S2NN#

class braintools.surrogate.S2NN(alpha=4.0, beta=1.0, epsilon=1e-08)#

Judge spiking state with the S2NN surrogate spiking function [1].

The S2NN (Single-Step Neural Network) surrogate gradient is designed for training energy-efficient single-step neural networks.
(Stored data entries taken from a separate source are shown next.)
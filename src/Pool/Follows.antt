-- ===== src/Pool/Follows.antt =====
-- src/pool/mod.rs: what every change that the handlers make, but for the marks of a connection that is
-- lent or parked, has in common, from handler to handler.
pub mod Queues
use netconnpool_rust.Base.{
  ℕ, zero, suc, ◌+◌, ◌≡◌, refl, Bool, true, false, Option, none, some, List, [], ◌∷◌, arith, ◌⊎◌,
  inl, inr, leb, ◌&&◌, if◌then◌else◌, is_empty,
}
use netconnpool_rust.Connection
use netconnpool_rust.Connection.{Connection}
use netconnpool_rust.Connection.Evolution.{
  Evolves, update_health-Evolves, mark_unhealthy-Evolves, report_leak_once-Evolves,
}
use netconnpool_rust.Net.{Moment}
use netconnpool_rust.Protocol
use netconnpool_rust.SegQueue.{SegQueue}
use netconnpool_rust.Pool.State.{PoolInner, set_conn, values, notify_all, log}
use netconnpool_rust.Pool.Remove.{release_active, remove_connection}
use netconnpool_rust.Pool.Idle.{
  push_idle, try_push_idle, push_or_remove, park, call_on_return, return_connection,
}
use netconnpool_rust.Pool.Get.{clear_socket, clear_buffer, take_idle}
use netconnpool_rust.Pool.Cleanup.{
  report_leak, mark_unhealthy, inspect_in_use, inspect_idle, inspect, sweep, remove_all,
  finish_cleanup, cleanup,
}
use netconnpool_rust.Pool.Close.{
  drain_buckets, remove_drained, close_idle, next_batch, remove_batches, close_rest,
}

clear_socket-Evolves :
    (m : Moment) (timeout max_packets : ℕ) (c : Connection)
    → Evolves c (clear_socket m timeout max_packets c)
unfolding clear_socket
clear_socket-Evolves m timeout max_packets c = ground arith

clear_socket-in_use :
    (m : Moment) (timeout max_packets : ℕ) (c : Connection)
    → (clear_socket m timeout max_packets c).in_use ≡ c.in_use
unfolding clear_socket
clear_socket-in_use m timeout max_packets c = ground arith

update_health-in_use :
    (m : Moment) (healthy : Bool) (c : Connection)
    → (Connection.update_health m healthy c).in_use ≡ c.in_use
unfolding Connection.update_health
update_health-in_use m healthy c = ground arith

mark_unhealthy-in_use : (c : Connection) → (Connection.mark_unhealthy c).in_use ≡ c.in_use
unfolding Connection.mark_unhealthy
mark_unhealthy-in_use c = refl

report_leak_once-in_use : (c : Connection) → (Connection.report_leak_once c).0.in_use ≡ c.in_use
unfolding Connection.report_leak_once
report_leak_once-in_use c = ground arith

-- A relation between a pool and a later one that the small changes of the handlers keep.
pub record Follows {Queue : Type 0} (R : PoolInner Queue → PoolInner Queue → Type 0) : Type 0 where
  pub reflects : (p : PoolInner Queue) → R p p
  pub chains : {p q s : PoolInner Queue} → R p q → R q s → R p s
  -- A change of other fields than these.
  pub same :
      {p q : PoolInner Queue}
      → q.store ≡ p.store
      → q.next_ref ≡ p.next_ref
      → q.all_connections ≡ p.all_connections
      → q.active_count ≡ p.active_count
      → q.generator ≡ p.generator
      → R p q
  -- A change of a connection that keeps its mark.
  pub evolves :
      (r : ℕ) (c : Connection) (p : PoolInner Queue)
      → Evolves (p.store r) c
      → c.in_use ≡ (p.store r).in_use
      → R p (set_conn r c p)
  pub releases : (m : Moment) (r : ℕ) (p : PoolInner Queue) → R p (release_active m r p)
  pub removes : (m : Moment) (r : ℕ) (p : PoolInner Queue) → R p (remove_connection m r p)

module _ {Queue : Type 0} where
  pub inspect_idle-same :
      (m : Moment) (r : ℕ) (p : PoolInner Queue)
      → ((inspect_idle m r p).0.all_connections ≡ p.all_connections)
        × ((inspect_idle m r p).0.next_ref ≡ p.next_ref)
        × ((inspect_idle m r p).0.active_count ≡ p.active_count)
        × ((inspect_idle m r p).0.generator ≡ p.generator)
        × (((inspect_idle m r p).0.store ≡ p.store)
            ⊎ ((inspect_idle m r p).0.store
                ≡ (set_conn r (Connection.update_health m true (p.store r)) p).store)
            ⊎ ((inspect_idle m r p).0.store
                ≡ (set_conn r (Connection.update_health m false (p.store r)) p).store))
  unfolding inspect_idle
  inspect_idle-same m r p = ground arith

module _ {Queue : Type 0} {R : PoolInner Queue → PoolInner Queue → Type 0} (t : Follows R) where
  pub if-Follows : (b : Bool) {p q s : PoolInner Queue} → R p q → R p s → R p (if b then q else s)
  if-Follows true h k = h
  if-Follows false h k = k

  pub clear_buffer-Follows : (m : Moment) (r : ℕ) (p : PoolInner Queue) → R p (clear_buffer m r p)
  unfolding clear_buffer
  clear_buffer-Follows m r p =
      if-Follows
        (p.config.clear_udp_buffer_on_return && Protocol.eq (p.store r).protocol Protocol.udp)
        (t.evolves r _ p
          (clear_socket-Evolves m p.config.udp_buffer_clear_timeout
            p.config.max_buffer_clear_packets (p.store r))
          (clear_socket-in_use m p.config.udp_buffer_clear_timeout p.config.max_buffer_clear_packets
            (p.store r)))
        (t.reflects p)

  pub report_leak-Follows : (r : ℕ) (p : PoolInner Queue) → R p (report_leak r p)
  unfolding report_leak
  report_leak-Follows r p =
      let reported =
        t.evolves r _ p (report_leak_once-Evolves (p.store r))
          (report_leak_once-in_use (p.store r)) in
      if-Follows (Connection.report_leak_once (p.store r)).1
        (t.chains reported (t.same refl refl refl refl refl)) reported

  mark_unhealthy-Follows : (r : ℕ) (p : PoolInner Queue) → R p (mark_unhealthy r p)
  unfolding mark_unhealthy
  mark_unhealthy-Follows r p =
      t.evolves r _ p (mark_unhealthy-Evolves (p.store r)) (mark_unhealthy-in_use (p.store r))

  inspect_in_use-Follows : (m : Moment) (r : ℕ) (p : PoolInner Queue) → R p (inspect_in_use m r p)
  unfolding inspect_in_use
  inspect_in_use-Follows m r p =
      let reported = report_leak-Follows r p in
      let marked =
        if-Follows (Connection.is_leaked m p.config.connection_leak_timeout (p.store r))
          (t.chains reported (mark_unhealthy-Follows r (report_leak r p))) (t.reflects p) in
      if-Follows _ (t.chains reported (t.removes m r (report_leak r p)))
        (if-Follows _ (t.chains marked (mark_unhealthy-Follows r _)) marked)

  inspect_idle-Follows : (m : Moment) (r : ℕ) (p : PoolInner Queue) → R p (inspect_idle m r p).0
  inspect_idle-Follows m r p =
      let (all, next, active, generator, store) = inspect_idle-same m r p in
      elim store [
        | inl e ↦ t.same e next all active generator
        | inr (inl e) ↦
            t.chains
              (t.evolves r _ p (update_health-Evolves m true (p.store r))
                (update_health-in_use m true (p.store r)))
              (t.same e next all active generator)
        | inr (inr e) ↦
            t.chains
              (t.evolves r _ p (update_health-Evolves m false (p.store r))
                (update_health-in_use m false (p.store r)))
              (t.same e next all active generator)
      ]

  pub inspect-Follows : (m : Moment) (r : ℕ) (p : PoolInner Queue) → R p (inspect m r p).0
  unfolding inspect
  inspect-Follows m r p = ground (arith, inspect_in_use-Follows m r p, inspect_idle-Follows m r p)

  pub sweep-Follows : (m : Moment) (refs : List ℕ) (p : PoolInner Queue) → R p (sweep m refs p).0
  unfolding sweep
  sweep-Follows m [] p = t.reflects p
  sweep-Follows m (r ∷ refs) p =
      let q = (inspect m r p).0 in
      ground (arith, t.reflects p, t.chains (inspect-Follows m r p) (sweep-Follows m refs q))

  pub remove_all-Follows :
      (m : Moment) (refs : List ℕ) (p : PoolInner Queue) → R p (remove_all m refs p)
  unfolding remove_all
  remove_all-Follows m [] p = t.reflects p
  remove_all-Follows m (r ∷ refs) p =
      t.chains (t.removes m r p) (remove_all-Follows m refs (remove_connection m r p))

  finish_cleanup-Follows :
      (m : Moment) (p : PoolInner Queue) (to_remove : Option (List ℕ))
      → R p (finish_cleanup m p to_remove)
  unfolding finish_cleanup
  finish_cleanup-Follows m p none = t.reflects p
  finish_cleanup-Follows m p (some refs) = remove_all-Follows m refs p

  pub cleanup-Follows : (m : Moment) (p : PoolInner Queue) → R p (cleanup m p)
  unfolding cleanup
  cleanup-Follows m p =
      let swept = sweep m (values p.all_connections) p in
      t.chains (sweep-Follows m (values p.all_connections) p)
        (finish_cleanup-Follows m swept.0 swept.1)

  remove_batches-Follows :
      (fuel : ℕ) (m : Moment) (p : PoolInner Queue) → R p (remove_batches fuel m p)
  unfolding remove_batches
  remove_batches-Follows zero m p = t.reflects p
  remove_batches-Follows (suc fuel) m p = if-Follows (is_empty (next_batch p)) (t.reflects p) (
      t.chains (remove_all-Follows m (next_batch p) p)
        (remove_batches-Follows fuel m (remove_all m (next_batch p) p)))

  pub close_rest-Follows : (m : Moment) (p : PoolInner Queue) → R p (close_rest m p)
  unfolding close_rest
  close_rest-Follows m p = remove_batches-Follows _ m p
It provides asymmetric gradients for positive and negative inputs, enabling better gradient flow during training.

The forward function:

\[\begin{split}g(x) = \begin{cases} 1, & x \geq 0 \\ 0, & x < 0 \\ \end{cases}\end{split}\]

The original function:

\[\begin{split} \begin{split}g_{origin}(x) = \begin{cases} \mathrm{sigmoid} (\alpha x), & x < 0 \\ \beta \ln(|x + 1|) + 0.5, & x \ge 0 \end{cases}\end{split}\end{split}\]

Backward gradient:

\[\begin{split} \begin{split}g'(x) = \begin{cases} \alpha * (1 - \mathrm{sigmoid} (\alpha x)) \mathrm{sigmoid} (\alpha x), & x < 0 \\ \frac{\beta}{(x + 1)}, & x \ge 0 \end{cases}\end{split}\end{split}\]
>>> import jax
>>> import jax.numpy as jnp
>>> import brainstate
>>> import braintools.surrogate as surrogate
>>> import matplotlib.pyplot as plt
>>>
>>> xs = jnp.linspace(-3, 3, 1000)
>>> fig, (ax1, ax2) = plt.subplots(1, 2, figsize=(10, 4))
>>>
>>> # Plot gradients for different parameters
>>> for alpha, beta in [(4., 1.), (8., 2.), (2., 0.5)]:
>>>     s2nn_fn = surrogate.S2NN(alpha=alpha, beta=beta)
>>>     grads = jax.vmap(jax.grad(s2nn_fn))(xs)
>>>     ax1.plot(xs, grads, label=rf'$\alpha={alpha}, \beta={beta}$')
>>>
>>> ax1.set_xlabel('Input (x)')
>>> ax1.set_ylabel('Gradient')
>>> ax1.set_title('S2NN Surrogate Gradients')
>>> ax1.legend()
>>> ax1.grid(True, alpha=0.3)
>>>
>>> # Plot the original function for origin=True
>>> for alpha, beta in [(4., 1.), (8., 2.)]:
>>>     s2nn_fn = surrogate.S2NN(alpha=alpha, beta=beta)
>>>     s2nn_fn.origin = True
>>>     ys = jax.vmap(s2nn_fn)(xs)
>>>     ax2.plot(xs, ys, label=rf'$\alpha={alpha}, \beta={beta}$')
>>>
>>> ax2.set_xlabel('Input (x)')
>>> ax2.set_ylabel('Output')
>>> ax2.set_title('S2NN Original Function')
>>> ax2.legend()
>>> ax2.grid(True, alpha=0.3)
>>> plt.tight_layout()
>>> plt.show()

(Source code, png, hires.png, pdf)

../../_images/braintools-surrogate-S2NN-1.png
Parameters:
  • alpha (float, optional) – Parameter controlling gradient when x < 0. Default is 4.0. Larger values create steeper gradients for negative inputs.

  • beta (float, optional) – Parameter controlling gradient when x >= 0. Default is 1.0. Larger values create stronger gradients for positive inputs.

  • epsilon (float, optional) – Small value to avoid numerical issues in logarithm. Default is 1e-8.

Examples

>>> import jax
>>> import braintools.surrogate as surrogate
>>>
>>> # Create S2NN surrogate function
>>> s2nn_fn = surrogate.S2NN(alpha=4.0, beta=1.0)
>>>
>>> # Apply to input
>>> x = jax.numpy.array([-1., 0., 1.])
>>> spikes = s2nn_fn(x)
>>> print(spikes)
[0. 1. 1.]
>>>
>>> # Compute gradients
>>> grad_fn = jax.grad(lambda x: s2nn_fn(x).sum())
>>> grads = grad_fn(x)
>>> print(grads)

See also

s2nn

Functional version of S2NN surrogate gradient.

Sigmoid

Symmetric sigmoid-based surrogate gradient.

PiecewiseQuadratic

Quadratic approximation surrogate gradient.

References

surrogate_fun(x)[source]#

The surrogate function.

surrogate_grad(x)[source]#

The gradient function of the surrogate function.